Abstract

The spin-fluctuation effect in the Se-substituted single crystalline Fe 1+δ Te 1- x Se x ( x = 0, 0.05, 0.12, 0.20, 0.30, 0.33, 0.45, and 0.48; 0≤δ≤0.12) and the polycrystalline Fe 1.11 Se has been studied by the measurements of the X-ray diffraction, the magnetic susceptibility under high magnetic fields and the electrical resistivity under magnetic fields up to 14 T. The samples with x = 0.05, 0.12, 0.20, 0.30, 0.33, 0.45, and 0.48 show superconducting transition temperatures in the ranger of 10–14 K. We obtained their intrinsic susceptibilities by the Honda–Owen method. A nearly linear-in- T behavior in magnetic susceptibility of Se-rich superconducting samples was observed, indicating the antiferromagnetic spin fluctuations have a strong link with the superconductivity in this series.
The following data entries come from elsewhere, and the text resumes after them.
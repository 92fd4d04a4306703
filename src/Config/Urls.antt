-- ===== src/Config/Urls.antt =====
-- src/config.rs: the URLs of the pull systems.
use amail_bridge.Common.{
  ◌≡◌, refl, ◌⊎◌, inl, inr, true, Option, some, List, [], ◌∷◌, ◌++◌, map, All, arith, Bool-cases,
  Option-cases, if◌then◌else◌, ℕ,
}
use amail_bridge.Std.Text.{Text, str, is_empty, contains, starts_with}
use amail_bridge.Router.Route.{http, unwrap_or}
use amail_bridge.Config.{
  PullSystemConfig, PullConfig, BridgeConfig, System, resolved_systems, systems_or, normalize_url,
  normalize_system, normalize, set_paths, override_all, load,
}

-- A URL with a scheme, or none at all.
abbrev pub HasScheme : Text → Type 0
HasScheme url = (url ≡ []) ⊎ (contains (str "://") url ≡ true)

contains-http : (url : Text) → contains (str "://") (http ++ url) ≡ true
unfolding contains starts_with
contains-http url = refl

normalize_url_some :
    (c : ℕ) (url : Text)
    → normalize_url (c ∷ url)
      ≡ (if contains (str "://") (c ∷ url) then c ∷ url else http ++ (c ∷ url))
unfolding normalize_url is_empty
normalize_url_some c url = elim (Bool-cases (contains (str "://") (c ∷ url))) [
  | inl e ↦ rw e refl
  | inr e ↦ rw e refl
]

normalize_url-HasScheme : (url : Text) → HasScheme (normalize_url url)
normalize_url-HasScheme [] = inl (unfold normalize_url in unfold is_empty in ground arith)
normalize_url-HasScheme (c ∷ url) = elim (Bool-cases (contains (str "://") (c ∷ url))) [
  | inl e ↦ rw (normalize_url_some c url) (rw e (inr e))
  | inr e ↦ rw (normalize_url_some c url) (rw e (inr (contains-http (c ∷ url))))
]

map-HasScheme :
    (systems : List PullSystemConfig)
    → All (λ sys. HasScheme sys.amail_url) (map normalize_system systems)
map-HasScheme [] = tt
map-HasScheme (sys ∷ systems) =
    (unfold normalize_system in normalize_url-HasScheme sys.amail_url, map-HasScheme systems)

systems_or-HasScheme :
    (flat : PullSystemConfig) (systems : List PullSystemConfig)
    → HasScheme flat.amail_url
    → All (λ sys. HasScheme sys.amail_url) systems
    → All (λ sys. HasScheme sys.amail_url) (systems_or flat systems)
systems_or-HasScheme flat [] h hs = (h, tt)
systems_or-HasScheme flat (sys ∷ systems) h hs = hs

normalize-HasScheme :
    (cfg : BridgeConfig)
    → All (λ sys. HasScheme sys.amail_url) (resolved_systems (normalize cfg).pull)
unfolding normalize resolved_systems
normalize-HasScheme cfg =
    let pull : PullConfig = cfg.pull in
    systems_or-HasScheme _ (map normalize_system pull.systems)
      (normalize_url-HasScheme pull.amail_url) (map-HasScheme pull.systems)

load-cases :
    (S : System) (path : Option Text) (cfg : BridgeConfig)
    → load S path ≡ some cfg
    → (raw : BridgeConfig) × (cfg ≡ normalize raw)
unfolding load
load-cases S path cfg h =
    let config_path = unwrap_or (S.join S.current_dir (str "aimail_bridge.toml")) path in
    elim (Option-cases (S.read_config config_path)) [
      | inl e ↦ absurd (ground (arith, e, h))
      | inr (raw, e) ↦ (set_paths S config_path (override_all S raw), ground (arith, e, h))
    ]

-- Whatever the file and the environment say, every system that a loaded configuration resolves
-- to has a URL with a scheme, or an empty one.
pub load-HasScheme :
    (S : System) (path : Option Text) (cfg : BridgeConfig)
    → load S path ≡ some cfg
    → All (λ sys. HasScheme sys.amail_url) (resolved_systems cfg.pull)
load-HasScheme S path cfg h =
    let (raw, e) = load-cases S path cfg h in rw e (normalize-HasScheme raw)
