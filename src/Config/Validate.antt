-- ===== src/Config/Validate.antt =====
-- src/config.rs: `validate`, as the list of the messages that it logs.
use amail_bridge.Common.{
  ℕ, ◌+◌, ◌≡◌, ◌≢◌, refl, sym, ◌↔◌, Bool, true, false, not, ◌&&◌, List, [], ◌∷◌, ◌++◌, All, arith,
  same, Bool-cases, inl, inr, if◌then◌else◌, list_eq, nat_eq,
}
use mathlib.Core.Path.{subst}
use amail_bridge.Std.Text.{Text, str, is_empty}
use amail_bridge.Config.{
  BridgeConfig, PullSystemConfig, effective_key, resolved_systems, is_some, is_dual_port,
}

pub data Notice : Type 0 where
  no_amail_url : ℕ → Notice
  no_key : ℕ → Notice
  no_system_id : ℕ → Notice
  will_use_acme : Notice
  dual_port_mode : Notice

abbrev pub notice_if : Bool → Notice → List Notice → List Notice
notice_if true n rest = n ∷ rest
notice_if false n rest = rest

-- The warnings on the system with the index `i`, and those behind it.
unfoldable pub system_notices : ℕ → PullSystemConfig → List Notice → List Notice
system_notices i sys rest = notice_if (is_empty sys.amail_url) (no_amail_url i) (
    notice_if (is_empty sys.admin_key && is_empty sys.api_key) (no_key i)
      (notice_if (is_empty sys.system_id) (no_system_id i) rest))

unfoldable pub systems_notices : ℕ → List PullSystemConfig → List Notice
systems_notices i [] = []
systems_notices i (sys ∷ systems) = system_notices i sys (systems_notices (i + 1) systems)

-- `BridgeConfig::validate`
unfoldable pub validate : BridgeConfig → List Notice
validate cfg =
    (if same cfg.mode (str "pull") then systems_notices 0 (resolved_systems cfg.pull) else [])
    ++ notice_if (is_some cfg.hostname && not (is_some cfg.tls_cert) && not (is_some cfg.tls_key))
        will_use_acme (notice_if (is_dual_port cfg) dual_port_mode [])

-- A system with everything that a pull loop needs.
abbrev pub IsComplete : PullSystemConfig → Type 0
IsComplete sys = (sys.amail_url ≢ []) × (effective_key sys ≢ []) × (sys.system_id ≢ [])

is_empty_iff : (s : Text) → (is_empty s ≡ false) ↔ (s ≢ [])
unfolding is_empty
is_empty_iff [] = (λ h. absurd (cc), λ h. absurd (h refl))
is_empty_iff (c ∷ s) = (λ h e. cc, λ h. refl)

no_key_iff :
    (sys : PullSystemConfig)
    → ((is_empty sys.admin_key && is_empty sys.api_key) ≡ false) ↔ (effective_key sys ≢ [])
unfolding effective_key
no_key_iff sys =
    let api = is_empty_iff sys.api_key in
    let admin = is_empty_iff sys.admin_key in
    elim (Bool-cases (is_empty sys.api_key)) [
      | inl e ↦
          let key : effective_key sys ≡ sys.admin_key = ground arith in
          (
            λ h. subst (λ k. k ≢ []) (sym key) (admin.0 (ground (arith, h, e))),
            λ h. ground (arith, admin.1 (subst (λ k. k ≢ []) key h)),
          )
      | inr e ↦
          let key : effective_key sys ≡ sys.api_key = ground arith in
          (λ h. subst (λ k. k ≢ []) (sym key) (api.0 e), λ h. ground (arith, e))
    ]

notice_if_iff :
    (b : Bool) (n : Notice) (rest : List Notice)
    → (notice_if b n rest ≡ []) ↔ ((b ≡ false) × (rest ≡ []))
notice_if_iff true n rest = (λ h. absurd (cc), λ (h, _). absurd (cc))
notice_if_iff false n rest = (λ h. (refl, h), λ (_, h). h)

-- The pull systems of a configuration draw no warning exactly when each has a URL, a system id and
-- a key, taken from either of the two key fields.
pub systems_notices_iff :
    (i : ℕ) (systems : List PullSystemConfig)
    → (systems_notices i systems ≡ []) ↔ All IsComplete systems
unfolding systems_notices system_notices
systems_notices_iff i [] = (λ h. tt, λ h. refl)
systems_notices_iff i (sys ∷ systems) =
    let url = notice_if_iff (is_empty sys.amail_url) (no_amail_url i) _ in
    let key = notice_if_iff (is_empty sys.admin_key && is_empty sys.api_key) (no_key i) _ in
    let id = notice_if_iff (is_empty sys.system_id) (no_system_id i) _ in
    let rest = systems_notices_iff (i + 1) systems in
    (
      λ h.
          let (a, h1) = url.0 h in
          let (b, h2) = key.0 h1 in
          let (c, h3) = id.0 h2 in
          (
            (
              (is_empty_iff sys.amail_url).0 a,
              (no_key_iff sys).0 b,
              (is_empty_iff sys.system_id).0 c,
            ),
            rest.0 h3,
          ),
      λ ((a, b, c), d). url.1 (
        (is_empty_iff sys.amail_url).1 a,
        key.1 ((no_key_iff sys).1 b, id.1 ((is_empty_iff sys.system_id).1 c, rest.1 d)),
      ),
    )
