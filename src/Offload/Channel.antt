-- ===== src/Offload/Channel.antt =====
-- The circular queues of kernel/offload/offload_channel.c, for elements of any type. A head and a
-- tail are an `int` that the size bounds.
use azalea.Prelude.{
  ℕ, ◌+◌, ◌-◌, ◌%◌, ◌^◌, Bool, Option, none, some, ◌==◌, if◌then◌else◌, update, bit_and,
}

-- `struct circular_queue`. The locks are not used by the functions of this file.
pub record Queue {ℓ} (A : Type ℓ) : Type ℓ where
  pub head : ℕ
  pub tail : ℕ
  pub size : ℕ
  pub slots : ℕ → A

-- `cq_init`
unfoldable pub cq_init {ℓ} : {A : Type ℓ} → Queue A → ℕ → Queue A
cq_init q size = record q { head = 0; tail = 0; size = size }

-- `cq_avail_data`: the difference is one of `int`s that is made an unsigned long.
unfoldable pub cq_avail_data {ℓ} : {A : Type ℓ} → Queue A → ℕ
cq_avail_data q =
    bit_and ((q.head + 2 ^ 64 - q.tail) % 2 ^ 64) ((q.size + 2 ^ 64 - 1) % 2 ^ 64) % 2 ^ 32

-- `cq_free_space`
unfoldable pub cq_free_space {ℓ} : {A : Type ℓ} → Queue A → ℕ
cq_free_space q = (q.size + 2 ^ 64 - 1 - cq_avail_data q) % 2 ^ 32

-- `cq_is_full` and `cq_is_empty`
unfoldable pub cq_is_full {ℓ} : {A : Type ℓ} → Queue A → Bool
cq_is_full q = (q.tail + 1) % q.size == q.head

unfoldable pub cq_is_empty {ℓ} : {A : Type ℓ} → Queue A → Bool
cq_is_empty q = q.head == q.tail

-- `cq_add_data` and `cq_remove_data`; none is the loop that waits, which ends only when another
-- processor changes the queue.
unfoldable pub cq_add_data {ℓ} : {A : Type ℓ} → Queue A → A → Option (Queue A)
cq_add_data q value =
    if cq_free_space q == 0
    then none
    else some (record q { slots = update q.slots q.head value; head = (q.head + 1) % q.size })

unfoldable pub cq_remove_data {ℓ} : {A : Type ℓ} → Queue A → Option (A × Queue A)
cq_remove_data q =
    if cq_avail_data q == 0
    then none
    else some (q.slots q.tail, record q { tail = (q.tail + 1) % q.size })
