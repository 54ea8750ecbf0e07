-- ===== src/Offload/Fifo.antt =====
-- The circular queues of kernel/offload/offload_channel.c are bounded queues.
use native.Mathlib.Nat.{
  mul_assoc, pow-suc, pow-le-pow_right, mod-eq_of_lt, mod_self, add-mul-mod_self_left, mul-suc,
}
use azalea.Prelude.{
  ℕ, zero, suc, ◌+◌, ◌-◌, ◌*◌, ◌%◌, ◌^◌, ◌≤◌, ◌<◌, ◌≡◌, refl, sym, ap, ◌∙◌, false, List, [], ◌∷◌,
  ◌++◌, Bool-cases, inl, inr, ltb, leb, ◌==◌, ==_iff, if◌then◌else◌, update, update-same, arith,
}
use azalea.Prelude.Masks.{bit_and-mask, pow_pos}
use azalea.Prelude.Spans.{span, span-split, span-same, span-one, span-suc}
use azalea.Offload.Channel.{Queue, cq_avail_data, cq_free_space}

-- The size is a power of two, of at most 2^30, and the ends are in the array.
pub record IsQueue {ℓ} {A : Type ℓ} (q : Queue A) : Type ℓ where
  pub bits : ℕ
  pub some_bits : 1 ≤ bits
  pub few_bits : bits ≤ 30
  pub size : q.size ≡ 2 ^ bits
  pub head : q.head < q.size
  pub tail : q.tail < q.size

-- How many elements a queue holds, and which, from the tail on.
abbrev pub count {ℓ} : {A : Type ℓ} → Queue A → ℕ
count q = if leb q.tail q.head then q.head - q.tail else q.head + q.size - q.tail

abbrev pub slot {ℓ} : {A : Type ℓ} → (ℕ → A) → ℕ → ℕ → A
slot slots size a = slots (if ltb a size then a else a - size)

unfoldable pub elements {ℓ} : {A : Type ℓ} → Queue A → List A
elements q = span (slot q.slots q.size) q.tail (count q)

pow_split : (k j : ℕ) → (z : ℕ) × (2 ^ (j + k) ≡ 2 ^ k * suc z)
pow_split k zero = let e : zero + k ≡ k = omega arith in (0, ap (λ n. 2 ^ n) e ∙ omega arith)
pow_split k (suc j) =
    let (z, h) = pow_split k j in
    let e : suc j + k ≡ suc (j + k) = omega arith in
    let twice : suc z * 2 ≡ suc (z * 2 + 1) = omega arith in
    (
      z * 2 + 1,
      ap (λ n. 2 ^ n) e
          ∙ pow-suc 2 (j + k)
          ∙ ap (λ n. n * 2) h
          ∙ mul_assoc (2 ^ k) (suc z) 2
          ∙ ap (λ n. 2 ^ k * n) twice,
    )

-- The difference of the ends, taken modulo 2^64 and then modulo the size.
wrapped :
    (k h t : ℕ)
    → k ≤ 30
    → h < 2 ^ k
    → t < 2 ^ k
    → (h + 2 ^ 64 - t) % 2 ^ 64 % 2 ^ k ≡ (if leb t h then h - t else h + 2 ^ k - t)
wrapped k h t few hh ht =
    let small : 2 ^ k ≤ 2 ^ 30 = pow-le-pow_right (omega arith) few in
    elim (Bool-cases (leb t h)) [
      | inl e ↦
          let x : (h + 2 ^ 64 - t) % 2 ^ 64 ≡ h - t = ground (arith, small) in
          rw (e, x) (mod-eq_of_lt (omega (arith, hh)))
      | inr e ↦
          let (z, p) = pow_split k (64 - k) in
          let bits : 64 - k + k ≡ 64 = omega arith in
          let all : 2 ^ 64 ≡ 2 ^ k * z + 2 ^ k =
            sym (ap (λ n. 2 ^ n) bits) ∙ p ∙ mul-suc (2 ^ k) z in
          let x : (h + 2 ^ 64 - t) % 2 ^ 64 ≡ h + 2 ^ k - t + 2 ^ k * z =
            ground (arith, small, all) in
          rw (e, x) (add-mul-mod_self_left (h + 2 ^ k - t) (2 ^ k) z ∙ mod-eq_of_lt (ground arith))
    ]

pub cq_avail_data-count {ℓ} : {A : Type ℓ} (q : Queue A) → IsQueue q → cq_avail_data q ≡ count q
unfolding cq_avail_data
cq_avail_data-count q i =
    let small : 2 ^ i.bits ≤ 2 ^ 30 = pow-le-pow_right (omega arith) i.few_bits in
    let mask : (q.size + 2 ^ 64 - 1) % 2 ^ 64 ≡ 2 ^ i.bits - 1 =
      omega (arith, small, i.size, pow_pos i.bits) in
    let w =
      wrapped i.bits q.head q.tail i.few_bits (omega (arith, i.head, i.size))
        (omega (arith, i.tail, i.size)) in
    let m = bit_and-mask ((q.head + 2 ^ 64 - q.tail) % 2 ^ 64) i.bits in
    rw (mask, m, w) (ground (arith, i.size, i.head, i.tail, small))

next_slot : (a size : ℕ) → a < size → (a + 1) % size ≡ (if a + 1 == size then 0 else a + 1)
next_slot a size h = elim (Bool-cases (a + 1 == size)) [
  | inl e ↦
      let same : a + 1 ≡ size = (==_iff (a + 1) size).0 e in
      rw e (ap (λ n. n % size) same ∙ mod_self size)
  | inr n ↦ rw n (mod-eq_of_lt (ground arith))
]

pub cq_free_space-count {ℓ} :
    {A : Type ℓ} (q : Queue A) → IsQueue q → cq_free_space q ≡ q.size - 1 - count q
unfolding cq_free_space
cq_free_space-count q i =
    let small : 2 ^ i.bits ≤ 2 ^ 30 = pow-le-pow_right (omega arith) i.few_bits in
    rw (cq_avail_data-count q i) (ground (arith, small, i.size, i.head, i.tail, pow_pos i.bits))

-- A queue with room takes an element at its end.
unfoldable pub added {ℓ} : {A : Type ℓ} → Queue A → A → Queue A
added q value = record q { slots = update q.slots q.head value; head = (q.head + 1) % q.size }

pub added-IsQueue {ℓ} : {A : Type ℓ} (q : Queue A) (value : A) → IsQueue q → IsQueue (added q value)
unfolding added
added-IsQueue q value i = record {
  bits = i.bits;
  some_bits = i.some_bits;
  few_bits = i.few_bits;
  size = i.size;
  head = rw (next_slot q.head q.size i.head) (ground (arith, i.head));
  tail = i.tail;
}

added-count {ℓ} :
    {A : Type ℓ} (q : Queue A) (value : A)
    → IsQueue q
    → count q + 1 < q.size
    → count (added q value) ≡ count q + 1
unfolding added
added-count q value i room = rw (next_slot q.head q.size i.head) (ground (arith, i.head, i.tail))

kept {ℓ} :
    {A : Type ℓ} (q : Queue A) (value : A)
    → IsQueue q
    → (j : ℕ) → j < count q
    → slot (added q value).slots q.size (q.tail + j) ≡ slot q.slots q.size (q.tail + j)
unfolding added
kept q value i j h =
    let at = if ltb (q.tail + j) q.size then q.tail + j else q.tail + j - q.size in
    let apart : at == q.head ≡ false = ground (arith, h, i.head, i.tail) in rw apart refl

newest {ℓ} :
    {A : Type ℓ} (q : Queue A) (value : A)
    → IsQueue q
    → slot (added q value).slots q.size (q.tail + count q) ≡ value
unfolding added
newest q value i =
    let at : (if ltb (q.tail + count q) q.size then q.tail + count q else q.tail + count q - q.size)
        ≡ q.head =
      ground (arith, i.head, i.tail) in
    rw at (update-same q.slots q.head value)

pub added-elements {ℓ} :
    {A : Type ℓ} (q : Queue A) (value : A)
    → IsQueue q
    → count q + 1 < q.size
    → elements (added q value) ≡ elements q ++ value ∷ []
unfolding elements added
added-elements q value i room =
    let f = slot (added q value).slots q.size in
    let old : span f q.tail (count q) ≡ span (slot q.slots q.size) q.tail (count q) =
      span-same f (slot q.slots q.size) q.tail q.tail (count q) (λ j h. kept q value i j h) in
    let new : f (q.tail + count q) ≡ value = newest q value i in
    ap (span f q.tail) (added-count q value i room)
    ∙ span-split f q.tail (count q) 1
    ∙ ap (λ k. k ++ span f (q.tail + count q) 1) old
    ∙ ap (λ k. span (slot q.slots q.size) q.tail (count q) ++ k)
        (span-one f (q.tail + count q) ∙ ap (λ x. x ∷ []) new)

-- A queue that holds an element gives its first one.
unfoldable pub taken {ℓ} : {A : Type ℓ} → Queue A → Queue A
taken q = record q { tail = (q.tail + 1) % q.size }

pub taken-IsQueue {ℓ} : {A : Type ℓ} (q : Queue A) → IsQueue q → IsQueue (taken q)
unfolding taken
taken-IsQueue q i = record {
  bits = i.bits;
  some_bits = i.some_bits;
  few_bits = i.few_bits;
  size = i.size;
  head = i.head;
  tail = rw (next_slot q.tail q.size i.tail) (ground (arith, i.tail));
}

taken-count {ℓ} :
    {A : Type ℓ} (q : Queue A) → IsQueue q → 1 ≤ count q → count q ≡ suc (count (taken q))
unfolding taken
taken-count q i held = rw (next_slot q.tail q.size i.tail) (ground (arith, i.head, i.tail))

rest {ℓ} :
    {A : Type ℓ} (q : Queue A)
    → IsQueue q
    → 1 ≤ count q
    → (j : ℕ) → j < count (taken q)
    → slot q.slots q.size (q.tail + 1 + j) ≡ slot q.slots q.size ((taken q).tail + j)
unfolding taken
rest q i held j h =
    let next = next_slot q.tail q.size i.tail in
    let same : (if ltb (q.tail + 1 + j) q.size then q.tail + 1 + j else q.tail + 1 + j - q.size) ≡ (
        if ltb ((q.tail + 1) % q.size + j) q.size
        then (q.tail + 1) % q.size + j
        else (q.tail + 1) % q.size + j - q.size) =
      ground (arith, next, h, i.head, i.tail) in
    ap q.slots same

tails {ℓ} :
    {A : Type ℓ} (q : Queue A)
    → IsQueue q
    → 1 ≤ count q
    → span (slot q.slots q.size) (q.tail + 1) (count (taken q)) ≡ elements (taken q)
unfolding elements taken
tails q i held =
    span-same (slot q.slots q.size) (slot q.slots q.size) (q.tail + 1) (taken q).tail
      (count (taken q)) (rest q i held)

pub taken-elements {ℓ} :
    {A : Type ℓ} (q : Queue A)
    → IsQueue q
    → 1 ≤ count q
    → elements q ≡ q.slots q.tail ∷ elements (taken q)
unfolding elements
taken-elements q i held =
    let f = slot q.slots q.size in
    let first : f q.tail ≡ q.slots q.tail = ground (arith, i.tail) in
    ap (span f q.tail) (taken-count q i held)
    ∙ span-suc f q.tail (count (taken q))
    ∙ ap (λ x. x ∷ span f (q.tail + 1) (count (taken q))) first
    ∙ ap (λ k. q.slots q.tail ∷ k) (tails q i held)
The upper critical field µ 0 H c2 orb for T →0 was estimated to exceed the Pauli paramagnetic limit. The Kadowaki–Woods and Wilson ratios indicate that electrons are strongly correlated in this system. Furthermore, the superconducting coherence length and the electron mean free path were also discussed. These superconducting parameters indicate that the superconductivity in the Fe 1+δ Te 1- x Se x system is unconventional.